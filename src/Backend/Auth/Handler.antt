-- ===== src/Backend/Auth/Handler.antt =====
-- Code: Handler of internal/auth/middleware.go.
-- Which requests reach the next handler, and as which user.
use vps_dashboard.Common.{
  ◌≡◌, ◌↔◌, refl, subst, Bool, true, false, not, Option, none, some, Text, codes, if◌then◌else◌,
}
use vps_dashboard.Format.{text_eq}
use vps_dashboard.Backend.Auth.{
  Config, Reply, served, unauthorized, is_empty, validate_basic_auth, reply_of, handler,
}
use vps_dashboard.Backend.Auth.Granted.{
  HasNoColon, HasPassword, Accepted, validate-Accepted, validate-eq-some,
}

module _ (decode : Text → Option Text) (matches : Text → Text → Bool) where
  -- A request is let through by the header that the proxy sets; without it by the password, if one
  -- is configured; without both in development only.
  pub data IsGranted (cfg : Config) (header : Text → Text) : Option Text → Type 0 where
    by_header :
        is_empty (header cfg.authelia_user_header) ≡ false
        → IsGranted cfg header (some (header cfg.authelia_user_header))
    by_password :
        {user : Text}
        → is_empty (header cfg.authelia_user_header) ≡ true
        → is_empty cfg.dashboard_password_hash ≡ false
        → HasPassword decode matches cfg (header (codes "Authorization")) user
        → IsGranted cfg header (some user)
    in_development :
        is_empty (header cfg.authelia_user_header) ≡ true
        → is_empty cfg.dashboard_password_hash ≡ true
        → text_eq cfg.app_env (codes "development") ≡ true
        → IsGranted cfg header none

  abbrev Sound : Config → (Text → Text) → Reply → Type 0
  Sound cfg header unauthorized = Unit
  Sound cfg header (served who) = IsGranted cfg header who

  reply-Sound :
      (cfg : Config) (header : Text → Text) (found : Option Text)
      → is_empty (header cfg.authelia_user_header) ≡ true
      → is_empty cfg.dashboard_password_hash ≡ false
      → Accepted decode matches cfg (header (codes "Authorization")) found
      → Sound cfg header (reply_of decode matches found)
  reply-Sound cfg header none e k a = tt
  reply-Sound cfg header (some user) e k a = by_password e k a

  choice-Sound :
      (cfg : Config) (header : Text → Text) (no_user no_hash development : Bool)
      (found : Option Text)
      → is_empty (header cfg.authelia_user_header) ≡ no_user
      → is_empty cfg.dashboard_password_hash ≡ no_hash
      → text_eq cfg.app_env (codes "development") ≡ development
      → Accepted decode matches cfg (header (codes "Authorization")) found
      → Sound cfg header (
          if not no_user
          then served (some (header cfg.authelia_user_header))
          else if not no_hash
          then reply_of decode matches found
          else if development
          then served none
          else unauthorized)
  choice-Sound cfg header false no_hash development found e k d a = by_header e
  choice-Sound cfg header true false development found e k d a = reply-Sound cfg header found e k a
  choice-Sound cfg header true true true found e k d a = in_development e k d
  choice-Sound cfg header true true false found e k d a = tt

  handler-Sound :
      (cfg : Config) (header : Text → Text) → Sound cfg header (handler decode matches cfg header)
  unfolding handler
  handler-Sound cfg header =
      choice-Sound cfg header (is_empty (header cfg.authelia_user_header))
        (is_empty cfg.dashboard_password_hash) (text_eq cfg.app_env (codes "development"))
        (validate_basic_auth decode matches cfg (header (codes "Authorization"))) refl refl refl
        (validate-Accepted decode matches cfg (header (codes "Authorization")))

  granted-served :
      (cfg : Config) (header : Text → Text) (who : Option Text)
      → HasNoColon cfg.dashboard_username
      → IsGranted cfg header who
      → handler decode matches cfg header ≡ served who
  unfolding handler
  granted-served cfg header who colonless (by_header e) = rw e refl
  granted-served cfg header who colonless (by_password {user} e k p) =
      let found =
        validate-eq-some decode matches cfg (header (codes "Authorization")) user colonless p in
      rw (e, k, found) refl
  granted-served cfg header who colonless (in_development e k d) = rw (e, k, d) refl

  -- If the name in the configuration holds no colon, the middleware runs the next handler for
  -- exactly these requests: as the user whom the proxy's header names; without that header,
  -- where a password hash is set, as the user from the configuration with a password that the
  -- hash is of; and as nobody in development, without that header and where no hash is set.
  pub handler_lem :
      (cfg : Config) (header : Text → Text) (who : Option Text)
      → HasNoColon cfg.dashboard_username
      → (handler decode matches cfg header ≡ served who) ↔ IsGranted cfg header who
  handler_lem cfg header who colonless = (
    λ e. subst (Sound cfg header) e (handler-Sound cfg header),
    granted-served cfg header who colonless,
  )
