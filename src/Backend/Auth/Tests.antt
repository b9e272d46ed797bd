-- ===== src/Backend/Auth/Tests.antt =====
-- Code: internal/auth/middleware.go.
-- A server with a password, where encoding and hashing change nothing.
use vps_dashboard.Common.{◌≡◌, ◌↔◌, refl, Option, some, [], ◌++◌, Text, codes, if◌then◌else◌}
use vps_dashboard.Format.{text_eq}
use vps_dashboard.Backend.Auth.{Config, served, unauthorized, basic, validate_basic_auth, handler}
use vps_dashboard.Backend.Auth.Handler.{IsGranted, handler_lem}

abbrev decode : Text → Option Text
decode encoded = some encoded

abbrev cfg : Config
cfg = record {
  authelia_user_header = codes "Remote-User";
  dashboard_username = codes "ada";
  dashboard_password_hash = codes "a:b";
  app_env = codes "development";
}

abbrev with_auth : Text → Text → Text
with_auth auth name = if text_eq name (codes "Authorization") then auth else []

abbrev right : Text → Text
right = with_auth (basic ++ codes "ada:a:b")

let_in : handler decode text_eq cfg right ≡ served (some (codes "ada"))
unfolding handler validate_basic_auth
let_in = refl

refused : handler decode text_eq cfg (with_auth (codes "Bearer ada:a:b")) ≡ unauthorized
unfolding handler validate_basic_auth
refused = refl

-- Without any header a server that has a password does not fall back on development.
not_free : handler decode text_eq cfg (with_auth []) ≡ unauthorized
unfolding handler validate_basic_auth
not_free = refl

handler_lem_example :
    (handler decode text_eq cfg right ≡ served (some (codes "ada")))
    ↔ IsGranted decode text_eq cfg right (some (codes "ada"))
handler_lem_example =
    handler_lem decode text_eq cfg right (some (codes "ada")) (refl, (refl, (refl, tt)))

» **Your instructions**
Your response should contain each line of the entries above that holds the string "none".

» **Your solution**
  ◌≡◌, ◌↔◌, refl, subst, Bool, true, false, not, Option, none, some, Text, codes, if◌then◌else◌,
        → IsGranted cfg header none
  reply-Sound cfg header none e k a = tt
          then served none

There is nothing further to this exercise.